Вечно меня охватывает какое-то оцепенение при первых его кадрах - столько молчания, столько безмолвных знаков, столько клетчатых платьев и мягких свитеров.
Как Джон боится людей. Даже поезд, перепахавший задний двор, пугает его меньше, чем собравшиеся всё на том же дворе соседи. Впрочем, это будто бы даже не страх; это "I'm the worst person in the world", только на манер Джона, у которого и от обычных слов дыхание перехватывает, а тут - попробуй, выговори. Вечно сбившийся на бок узел галстука. Вечный велосипед вместо машины, которую он трогать не хочет так же, как комнату матери.
Самый шикарный - и, будет честны, динамичный - момент в фильме, это когда Эмма даёт Мэгги инструкции по телефону. Сюрреалистическая картина: мягкие локоны, сине-белое платье, и низкий, на беззвучие срывающийся голос Джона.
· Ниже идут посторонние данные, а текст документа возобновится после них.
-- ===== src/Ql/Ast.antt =====
-- include/ql/ql_ast.h and src/ql/ql_ast.cpp.
use sqldb.Base.{
  ℕ, Bool, true, false, ◌&&◌, List, [], ◌∷◌, ◌++◌, ℤ, Bytes, text, if◌then◌else◌, ◌==◌,
}
use sqldb.Catalog.Value.{Value, error, blank, make_int64, make_bytes, value_eq}
use sqldb.Catalog.TableDef.{TableDef}
use sqldb.Catalog.TextForm.Stream.{show_int}
use sqldb.Storage.Kv.Tx.{UpdateMode}

-- The tags, without their QL_ and QL_CMP_; `modulo` is QL_MOD.
pub data QlNodeType : Type 0 where
  uninit i64 str sym star tup : QlNodeType
  ge gt lt le eq ne : QlNodeType
  add sub mul div modulo : QlNodeType
  and or not neg : QlNodeType

mutual
  pub data QlNode : Type 0 where
    node : QlNodeType → Value → QlNodes → QlNode

  -- A node's kids.
  pub data QlNodes : Type 0 where
    nil : QlNodes
    cons : QlNode → QlNodes → QlNodes

abbrev pub tag : QlNode → QlNodeType
tag (node t v kids) = t

abbrev pub payload : QlNode → Value
payload (node t v kids) = v

abbrev pub tag_code : QlNodeType → ℕ
tag_code uninit = 0
tag_code i64 = 1
tag_code str = 2
tag_code sym = 3
tag_code star = 4
tag_code tup = 5
tag_code ge = 6
tag_code gt = 7
tag_code lt = 8
tag_code le = 9
tag_code eq = 10
tag_code ne = 11
tag_code add = 12
tag_code sub = 13
tag_code mul = 14
tag_code div = 15
tag_code modulo = 16
tag_code and = 17
tag_code or = 18
tag_code not = 19
tag_code neg = 20

-- operator== of the tags.
abbrev pub tag_eq : QlNodeType → QlNodeType → Bool
tag_eq s t = tag_code s == tag_code t

-- QLNode::operator==, and that of the vectors of kids.
unfoldable mutual
  pub node_eq : QlNode → QlNode → Bool
  node_eq (node s v ks) (node t w ls) = (tag_eq s t && value_eq v w) && nodes_eq ks ls

  pub nodes_eq : QlNodes → QlNodes → Bool
  nodes_eq nil nil = true
  nodes_eq nil (cons l ls) = false
  nodes_eq (cons k ks) nil = false
  nodes_eq (cons k ks) (cons l ls) = node_eq k l && nodes_eq ks ls

unfoldable pub ql_int64 : ℤ → QlNode
ql_int64 v = node i64 (make_int64 v) nil

unfoldable pub ql_str : Bytes → QlNode
ql_str v = node str (make_bytes v) nil

unfoldable pub ql_sym : Bytes → QlNode
ql_sym name = node sym (make_bytes name) nil

unfoldable pub ql_star : QlNode
ql_star = node star (blank error) nil

unfoldable pub ql_unop : QlNodeType → QlNode → QlNode
ql_unop type kid = node type (blank error) (cons kid nil)

unfoldable pub ql_binop : QlNodeType → QlNode → QlNode → QlNode
ql_binop type lhs rhs = node type (blank error) (cons lhs (cons rhs nil))

unfoldable pub ql_tuple : QlNodes → QlNode
ql_tuple kids = node tup (blank error) kids

unfoldable pub op_name : QlNodeType → Bytes
op_name tup = text "tuple"
op_name ge = text ">="
op_name gt = text ">"
op_name lt = text "<"
op_name le = text "<="
op_name eq = text "="
op_name ne = text "!="
op_name add = text "+"
op_name sub = text "-"
op_name mul = text "*"
op_name div = text "/"
op_name modulo = text "%"
op_name and = text "and"
op_name or = text "or"
op_name not = text "not"
op_name neg = text "neg"
op_name _ = text "?"

-- One round of the loop of quote: what stands for the character between the quotes.
unfoldable pub quote_char : ℕ → Bytes
quote_char c =
    if c == 39
    then 92 ∷ 39 ∷ []
    else if c == 92
    then 92 ∷ 92 ∷ []
    else if c == 10
    then 92 ∷ b'n' ∷ []
    else if c == 9
    then 92 ∷ b't' ∷ []
    else if c == 13
    then 92 ∷ b'r' ∷ []
    else c ∷ []

unfoldable pub quote_chars : Bytes → Bytes
quote_chars [] = []
quote_chars (c ∷ s) = quote_char c ++ quote_chars s

unfoldable pub quote : Bytes → Bytes
quote s = 39 ∷ (quote_chars s ++ (39 ∷ []))

-- to_string on a node whose kids are rendered.
unfoldable pub render : QlNodeType → Value → Bytes → Bytes
render uninit v kids = text "()"
render i64 v kids = show_int v.int64
render str v kids = quote v.str
render sym v kids = v.str
render star v kids = text "*"
render t v kids = b'(' ∷ (op_name t ++ (kids ++ (b')' ∷ [])))

unfoldable mutual
  pub to_string : QlNode → Bytes
  to_string (node t v kids) = render t v (kids_to_string kids)

  -- Each kid behind a space.
  pub kids_to_string : QlNodes → Bytes
  kids_to_string nil = []
  kids_to_string (cons k ks) = b' ' ∷ (to_string k ++ kids_to_string ks)

pub record QlScan : Type 0 where
  pub table : Bytes
  pub key1 : QlNode
  pub key2 : QlNode
  pub filter : QlNode
  pub offset : ℤ
  pub limit : ℤ

pub record QlSelect : Type 0 where
  pub scan : QlScan
  pub names : List Bytes
  pub output : List QlNode

pub record QlInsert : Type 0 where
  pub table : Bytes
  pub mode : UpdateMode
  pub names : List Bytes
  pub values : List (List QlNode)

pub record QlUpdate : Type 0 where
  pub scan : QlScan
  pub names : List Bytes
  pub values : List QlNode

pub record QlDelete : Type 0 where
  pub scan : QlScan

pub record QlCreateTable : Type 0 where
  pub def : TableDef

pub data QlStatement : Type 0 where
  create_table : QlCreateTable → QlStatement
  select : QlSelect → QlStatement
  insert : QlInsert → QlStatement
  update : QlUpdate → QlStatement
  delete : QlDelete → QlStatement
И взгляд: неожиданно твёрдый и решительный даже для Эммы. И этот такой её глубокий вдох.
Собственно, Эмме по-прежнему хочется предлагать руку и сердце в обход всех гендерных деталей. "Мама на час" - так музыкальная тема называется?
В последнем кадре, захлопнув за Мэгги и Джейком дверь, она сидит перед окном в совершенно сломленной позе. Кто сказал, что жертвы приятны, а опустевшее гнездо уютно? Но эта честность в ущерб себе, когда воспоминания Джона, по-видимому, наслаиваются на её собственные - это очень... здорово. Это то, что отличает её от фантомно-жуткой матери, и что роднит с осязаемо-несчастным сыном (ведь Джон, по сути, быть человеком очень добрым). За это её хочется любить.
Пока я не пошла искать скетчи из финальных титров в большом разрешении, отправьте меня, пожалуйста, спать.